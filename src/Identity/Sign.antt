-- ===== src/Identity/Sign.antt =====
-- identity/sign.go: the two signed statements of the link rail.
pub mod Binding
use rook_host.Base.{ℕ, ◌≡◌, refl, ap, Bool, List, [], ◌∷◌, ◌++◌, ◌&&◌, not, length}
use rook_host.Base.Bytes.{Bytes, codes, is_empty}
use rook_host.Crypto.{Crypto}
use rook_host.Edgesign.Canonical.{u64}

abbrev pub pair_domain : Bytes
pair_domain = codes "rook-link-pair/v1"

abbrev pub auth_domain : Bytes
auth_domain = codes "rook-link-auth/v1"

unfoldable pub append_fields : Bytes → List Bytes → Bytes
append_fields out [] = out
append_fields out (f ∷ fs) = append_fields ((out ++ u64 (length f)) ++ f) fs

-- The buffer `out` grows field by field.
unfoldable pub canonical : Bytes → List Bytes → Bytes
canonical domain fields = append_fields (([] ++ u64 (length domain)) ++ domain) fields

unfoldable pub pair_bytes : Bytes → Bytes → Bytes → Bytes
pair_bytes host_id secret dev_pub = canonical pair_domain (host_id ∷ secret ∷ dev_pub ∷ [])

unfoldable pub auth_bytes : Bytes → Bytes → Bytes → Bytes
auth_bytes host_id device_id nonce = canonical auth_domain (host_id ∷ device_id ∷ nonce ∷ [])

module _ (crypto : Crypto) where
  unfoldable pub sign_pair_proof : Bytes → Bytes → Bytes → Bytes → Bytes
  sign_pair_proof dev_key host_id secret dev_pub =
      crypto.sign dev_key (pair_bytes host_id secret dev_pub)

  unfoldable pub verify_pair_proof : Bytes → Bytes → Bytes → Bytes → Bool
  verify_pair_proof dev_pub host_id secret proof =
      not (is_empty proof) && crypto.verify dev_pub (pair_bytes host_id secret dev_pub) proof

  unfoldable pub sign_auth : Bytes → Bytes → Bytes → Bytes → Bytes
  sign_auth dev_key host_id device_id nonce =
      crypto.sign dev_key (auth_bytes host_id device_id nonce)

  unfoldable pub verify_auth : Bytes → Bytes → Bytes → Bytes → Bytes → Bool
  verify_auth dev_pub host_id device_id nonce sig =
      not (is_empty sig) && crypto.verify dev_pub (auth_bytes host_id device_id nonce) sig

════════════════

* [What you should do]
Transcribe the material exactly, stopping after the "crypto.sign dev_key (auth_bytes" line.

* [Completed exercise]
filename src/Identity/Sign.antt
-- ===== src/Identity/Sign.antt =====
-- identity/sign.go: the two signed statements of the link rail.
pub mod Binding
use rook_host.Base.{ℕ, ◌≡◌, refl, ap, Bool, List, [], ◌∷◌, ◌++◌, ◌&&◌, not, length}
use rook_host.Base.Bytes.{Bytes, codes, is_empty}
use rook_host.Crypto.{Crypto}
use rook_host.Edgesign.Canonical.{u64}

abbrev pub pair_domain : Bytes
pair_domain = codes "rook-link-pair/v1"

abbrev pub auth_domain : Bytes
auth_domain = codes "rook-link-auth/v1"

unfoldable pub append_fields : Bytes → List Bytes → Bytes
append_fields out [] = out
append_fields out (f ∷ fs) = append_fields ((out ++ u64 (length f)) ++ f) fs

-- The buffer `out` grows field by field.
unfoldable pub canonical : Bytes → List Bytes → Bytes
canonical domain fields = append_fields (([] ++ u64 (length domain)) ++ domain) fields

unfoldable pub pair_bytes : Bytes → Bytes → Bytes → Bytes
pair_bytes host_id secret dev_pub = canonical pair_domain (host_id ∷ secret ∷ dev_pub ∷ [])

unfoldable pub auth_bytes : Bytes → Bytes → Bytes → Bytes
auth_bytes host_id device_id nonce = canonical auth_domain (host_id ∷ device_id ∷ nonce ∷ [])

module _ (crypto : Crypto) where
  unfoldable pub sign_pair_proof : Bytes → Bytes → Bytes → Bytes → Bytes
  sign_pair_proof dev_key host_id secret dev_pub =
      crypto.sign dev_key (pair_bytes host_id secret dev_pub)

  unfoldable pub verify_pair_proof : Bytes → Bytes → Bytes → Bytes → Bool
  verify_pair_proof dev_pub host_id secret proof =
      not (is_empty proof) && crypto.verify dev_pub (pair_bytes host_id secret dev_pub) proof

  unfoldable pub sign_auth : Bytes → Bytes → Bytes → Bytes → Bytes
  sign_auth dev_key host_id device_id nonce =
      crypto.sign dev_key (auth_bytes host_id device_id nonce)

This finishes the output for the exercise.